» **The data**:
• • •

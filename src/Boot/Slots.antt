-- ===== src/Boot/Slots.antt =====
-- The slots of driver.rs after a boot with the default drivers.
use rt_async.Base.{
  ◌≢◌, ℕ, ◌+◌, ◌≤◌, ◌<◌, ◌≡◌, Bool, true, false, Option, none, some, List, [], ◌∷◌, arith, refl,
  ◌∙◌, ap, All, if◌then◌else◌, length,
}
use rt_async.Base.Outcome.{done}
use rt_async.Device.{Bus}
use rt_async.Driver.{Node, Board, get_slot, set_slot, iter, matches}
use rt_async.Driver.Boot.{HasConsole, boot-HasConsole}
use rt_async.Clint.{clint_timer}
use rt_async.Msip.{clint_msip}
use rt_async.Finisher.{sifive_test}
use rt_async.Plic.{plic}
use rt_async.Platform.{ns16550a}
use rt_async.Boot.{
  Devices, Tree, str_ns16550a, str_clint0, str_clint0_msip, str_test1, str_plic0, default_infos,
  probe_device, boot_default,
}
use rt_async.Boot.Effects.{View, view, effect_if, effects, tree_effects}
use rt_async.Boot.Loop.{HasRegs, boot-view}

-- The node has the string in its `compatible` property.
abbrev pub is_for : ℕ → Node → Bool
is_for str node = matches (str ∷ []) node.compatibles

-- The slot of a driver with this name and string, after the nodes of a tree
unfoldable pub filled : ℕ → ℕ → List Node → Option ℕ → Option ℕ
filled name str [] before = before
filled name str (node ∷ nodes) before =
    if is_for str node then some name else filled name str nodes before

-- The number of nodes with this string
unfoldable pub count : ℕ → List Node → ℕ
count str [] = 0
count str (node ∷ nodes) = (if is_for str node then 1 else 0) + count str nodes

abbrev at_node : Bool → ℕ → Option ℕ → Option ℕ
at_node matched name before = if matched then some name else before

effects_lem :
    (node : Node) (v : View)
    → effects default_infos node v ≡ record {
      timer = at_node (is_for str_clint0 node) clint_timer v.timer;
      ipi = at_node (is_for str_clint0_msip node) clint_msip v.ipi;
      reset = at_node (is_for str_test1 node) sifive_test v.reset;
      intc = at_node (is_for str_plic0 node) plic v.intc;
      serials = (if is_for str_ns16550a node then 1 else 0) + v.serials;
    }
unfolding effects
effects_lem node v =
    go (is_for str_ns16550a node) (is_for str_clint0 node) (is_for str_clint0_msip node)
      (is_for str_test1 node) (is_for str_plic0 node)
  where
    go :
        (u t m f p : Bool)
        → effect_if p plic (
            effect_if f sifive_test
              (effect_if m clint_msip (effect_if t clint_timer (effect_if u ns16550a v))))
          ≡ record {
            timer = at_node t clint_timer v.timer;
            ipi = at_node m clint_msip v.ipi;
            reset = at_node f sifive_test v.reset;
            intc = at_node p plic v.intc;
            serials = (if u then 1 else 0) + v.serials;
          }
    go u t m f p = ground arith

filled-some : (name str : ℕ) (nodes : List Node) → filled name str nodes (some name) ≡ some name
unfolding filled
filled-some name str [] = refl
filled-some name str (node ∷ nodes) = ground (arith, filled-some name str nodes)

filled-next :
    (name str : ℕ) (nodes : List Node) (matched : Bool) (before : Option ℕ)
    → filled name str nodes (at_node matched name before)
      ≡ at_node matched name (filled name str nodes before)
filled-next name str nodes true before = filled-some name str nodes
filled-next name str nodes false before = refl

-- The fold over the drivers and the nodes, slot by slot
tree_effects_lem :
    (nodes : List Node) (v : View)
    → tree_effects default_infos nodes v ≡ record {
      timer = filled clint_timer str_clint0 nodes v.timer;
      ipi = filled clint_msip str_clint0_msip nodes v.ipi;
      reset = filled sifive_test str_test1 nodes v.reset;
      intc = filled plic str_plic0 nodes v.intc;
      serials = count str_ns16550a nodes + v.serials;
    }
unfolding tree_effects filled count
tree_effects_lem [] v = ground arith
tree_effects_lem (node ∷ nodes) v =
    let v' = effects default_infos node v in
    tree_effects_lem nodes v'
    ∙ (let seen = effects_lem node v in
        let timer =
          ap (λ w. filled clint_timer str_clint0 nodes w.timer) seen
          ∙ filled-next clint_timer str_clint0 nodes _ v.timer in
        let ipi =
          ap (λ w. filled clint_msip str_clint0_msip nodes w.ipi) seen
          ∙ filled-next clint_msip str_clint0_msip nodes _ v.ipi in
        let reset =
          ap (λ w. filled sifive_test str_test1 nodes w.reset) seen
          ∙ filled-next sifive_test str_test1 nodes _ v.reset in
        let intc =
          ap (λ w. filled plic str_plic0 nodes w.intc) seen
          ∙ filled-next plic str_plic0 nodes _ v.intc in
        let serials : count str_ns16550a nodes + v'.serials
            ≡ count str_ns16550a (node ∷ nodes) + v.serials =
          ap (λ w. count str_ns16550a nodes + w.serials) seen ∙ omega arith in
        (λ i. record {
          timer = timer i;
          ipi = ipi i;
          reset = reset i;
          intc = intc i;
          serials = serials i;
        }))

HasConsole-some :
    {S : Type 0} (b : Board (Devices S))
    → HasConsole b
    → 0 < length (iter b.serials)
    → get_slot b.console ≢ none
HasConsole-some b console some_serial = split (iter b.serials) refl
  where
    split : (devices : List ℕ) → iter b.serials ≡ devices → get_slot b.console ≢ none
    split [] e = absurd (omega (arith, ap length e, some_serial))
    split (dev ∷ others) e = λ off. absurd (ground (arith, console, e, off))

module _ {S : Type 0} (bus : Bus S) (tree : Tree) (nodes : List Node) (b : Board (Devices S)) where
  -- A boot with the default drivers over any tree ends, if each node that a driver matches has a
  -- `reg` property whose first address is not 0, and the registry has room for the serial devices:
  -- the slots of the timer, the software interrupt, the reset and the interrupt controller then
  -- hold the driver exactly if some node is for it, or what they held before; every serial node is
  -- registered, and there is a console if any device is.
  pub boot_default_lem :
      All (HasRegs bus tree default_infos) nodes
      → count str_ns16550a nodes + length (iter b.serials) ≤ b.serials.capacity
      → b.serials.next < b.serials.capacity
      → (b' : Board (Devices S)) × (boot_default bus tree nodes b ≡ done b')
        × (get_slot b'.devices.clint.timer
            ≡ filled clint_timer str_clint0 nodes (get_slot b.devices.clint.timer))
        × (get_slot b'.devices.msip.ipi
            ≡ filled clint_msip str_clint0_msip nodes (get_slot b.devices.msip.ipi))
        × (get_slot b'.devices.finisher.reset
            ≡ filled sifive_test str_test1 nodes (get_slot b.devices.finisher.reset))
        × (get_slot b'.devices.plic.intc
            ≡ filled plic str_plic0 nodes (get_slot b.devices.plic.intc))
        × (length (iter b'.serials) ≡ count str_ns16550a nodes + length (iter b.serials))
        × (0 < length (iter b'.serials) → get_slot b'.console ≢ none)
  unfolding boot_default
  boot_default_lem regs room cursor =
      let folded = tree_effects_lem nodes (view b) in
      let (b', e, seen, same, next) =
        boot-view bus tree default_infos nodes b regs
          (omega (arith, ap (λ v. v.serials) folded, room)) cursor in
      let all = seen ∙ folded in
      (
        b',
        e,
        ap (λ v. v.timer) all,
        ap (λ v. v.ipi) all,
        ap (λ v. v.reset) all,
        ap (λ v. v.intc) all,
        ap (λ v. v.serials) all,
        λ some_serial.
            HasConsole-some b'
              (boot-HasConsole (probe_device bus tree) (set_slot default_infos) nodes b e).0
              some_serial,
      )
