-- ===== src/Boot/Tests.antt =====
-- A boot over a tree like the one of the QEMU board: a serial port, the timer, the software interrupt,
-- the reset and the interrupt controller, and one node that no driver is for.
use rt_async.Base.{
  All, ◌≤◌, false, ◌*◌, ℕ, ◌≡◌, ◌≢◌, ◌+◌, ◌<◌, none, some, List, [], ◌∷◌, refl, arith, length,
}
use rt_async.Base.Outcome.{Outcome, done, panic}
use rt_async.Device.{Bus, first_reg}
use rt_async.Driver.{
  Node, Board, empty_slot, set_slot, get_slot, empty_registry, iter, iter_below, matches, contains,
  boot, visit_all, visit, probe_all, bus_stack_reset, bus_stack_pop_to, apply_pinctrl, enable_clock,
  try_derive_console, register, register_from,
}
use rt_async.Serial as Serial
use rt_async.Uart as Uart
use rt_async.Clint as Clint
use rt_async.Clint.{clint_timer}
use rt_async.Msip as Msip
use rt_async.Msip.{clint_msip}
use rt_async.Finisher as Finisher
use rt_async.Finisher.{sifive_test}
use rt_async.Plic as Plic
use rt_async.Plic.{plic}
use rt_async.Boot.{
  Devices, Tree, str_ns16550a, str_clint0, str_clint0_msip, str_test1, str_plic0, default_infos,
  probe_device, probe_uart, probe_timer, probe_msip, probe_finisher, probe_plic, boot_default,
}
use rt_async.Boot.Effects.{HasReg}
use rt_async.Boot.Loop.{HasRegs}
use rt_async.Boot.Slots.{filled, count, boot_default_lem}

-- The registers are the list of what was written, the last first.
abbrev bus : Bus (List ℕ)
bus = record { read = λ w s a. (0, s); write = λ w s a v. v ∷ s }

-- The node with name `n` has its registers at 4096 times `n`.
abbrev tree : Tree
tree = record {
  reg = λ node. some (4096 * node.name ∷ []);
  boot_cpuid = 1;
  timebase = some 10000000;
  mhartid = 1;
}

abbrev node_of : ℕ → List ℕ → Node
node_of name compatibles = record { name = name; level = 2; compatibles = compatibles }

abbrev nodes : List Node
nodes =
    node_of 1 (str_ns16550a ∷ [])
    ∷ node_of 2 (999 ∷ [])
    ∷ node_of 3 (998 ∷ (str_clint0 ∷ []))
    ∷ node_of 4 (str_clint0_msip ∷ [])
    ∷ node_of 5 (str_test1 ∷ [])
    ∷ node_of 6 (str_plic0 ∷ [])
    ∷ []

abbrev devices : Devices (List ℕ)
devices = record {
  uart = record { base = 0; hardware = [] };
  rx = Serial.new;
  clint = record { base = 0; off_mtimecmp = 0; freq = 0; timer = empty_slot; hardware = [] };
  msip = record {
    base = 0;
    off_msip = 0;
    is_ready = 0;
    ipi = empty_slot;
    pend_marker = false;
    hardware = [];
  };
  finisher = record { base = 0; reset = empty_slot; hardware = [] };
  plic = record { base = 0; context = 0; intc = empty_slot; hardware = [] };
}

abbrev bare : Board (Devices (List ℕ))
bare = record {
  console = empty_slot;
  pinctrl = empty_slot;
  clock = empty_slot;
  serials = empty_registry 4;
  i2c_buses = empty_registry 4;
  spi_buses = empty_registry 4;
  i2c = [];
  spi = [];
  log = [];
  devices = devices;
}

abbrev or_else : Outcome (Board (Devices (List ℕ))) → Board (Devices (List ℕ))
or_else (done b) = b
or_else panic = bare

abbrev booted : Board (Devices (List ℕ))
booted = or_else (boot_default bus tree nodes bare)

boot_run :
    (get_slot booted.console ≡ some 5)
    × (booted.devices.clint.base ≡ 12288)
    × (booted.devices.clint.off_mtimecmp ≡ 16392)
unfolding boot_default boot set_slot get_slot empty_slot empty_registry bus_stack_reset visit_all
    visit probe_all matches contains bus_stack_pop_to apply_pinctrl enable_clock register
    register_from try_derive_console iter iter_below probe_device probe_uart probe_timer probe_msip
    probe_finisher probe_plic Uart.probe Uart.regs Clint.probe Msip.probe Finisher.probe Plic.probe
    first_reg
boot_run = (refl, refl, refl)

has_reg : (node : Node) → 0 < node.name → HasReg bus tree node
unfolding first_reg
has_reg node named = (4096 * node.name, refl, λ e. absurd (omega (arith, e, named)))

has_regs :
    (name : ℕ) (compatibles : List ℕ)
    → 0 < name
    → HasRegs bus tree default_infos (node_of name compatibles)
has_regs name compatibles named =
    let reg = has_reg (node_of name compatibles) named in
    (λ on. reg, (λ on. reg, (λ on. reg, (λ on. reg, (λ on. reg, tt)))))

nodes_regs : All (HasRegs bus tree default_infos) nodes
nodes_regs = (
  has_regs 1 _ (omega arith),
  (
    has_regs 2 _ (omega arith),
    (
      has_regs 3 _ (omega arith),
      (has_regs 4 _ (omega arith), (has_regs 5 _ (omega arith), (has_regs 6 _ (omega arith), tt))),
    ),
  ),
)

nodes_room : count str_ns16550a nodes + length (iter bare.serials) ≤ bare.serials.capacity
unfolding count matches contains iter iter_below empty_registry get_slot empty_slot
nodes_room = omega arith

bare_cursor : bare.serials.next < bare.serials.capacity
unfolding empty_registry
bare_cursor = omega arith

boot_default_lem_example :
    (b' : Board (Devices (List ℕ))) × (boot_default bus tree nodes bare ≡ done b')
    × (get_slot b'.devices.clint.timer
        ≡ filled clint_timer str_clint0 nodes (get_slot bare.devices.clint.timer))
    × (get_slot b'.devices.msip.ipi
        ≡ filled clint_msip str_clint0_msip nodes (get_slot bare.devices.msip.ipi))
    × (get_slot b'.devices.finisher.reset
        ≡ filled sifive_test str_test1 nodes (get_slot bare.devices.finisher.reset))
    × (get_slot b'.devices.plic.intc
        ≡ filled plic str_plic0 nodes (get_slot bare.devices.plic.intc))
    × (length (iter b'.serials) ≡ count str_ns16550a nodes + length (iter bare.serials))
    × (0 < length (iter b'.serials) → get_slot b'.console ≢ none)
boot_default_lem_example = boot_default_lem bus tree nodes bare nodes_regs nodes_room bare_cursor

• • •

» **Task objective**: Retype exactly the span of lines from the one with "split (dev ∷" through the one with "-- the slots of the"; include both ends and omit the rest of the material.

» **Exercise solution**:
    split (dev ∷ others) e = λ off. absurd (ground (arith, console, e, off))

module _ {S : Type 0} (bus : Bus S) (tree : Tree) (nodes : List Node) (b : Board (Devices S)) where
  -- A boot with the default drivers over any tree ends, if each node that a driver matches has a
  -- `reg` property whose first address is not 0, and the registry has room for the serial devices:
  -- the slots of the timer, the software interrupt, the reset and the interrupt controller then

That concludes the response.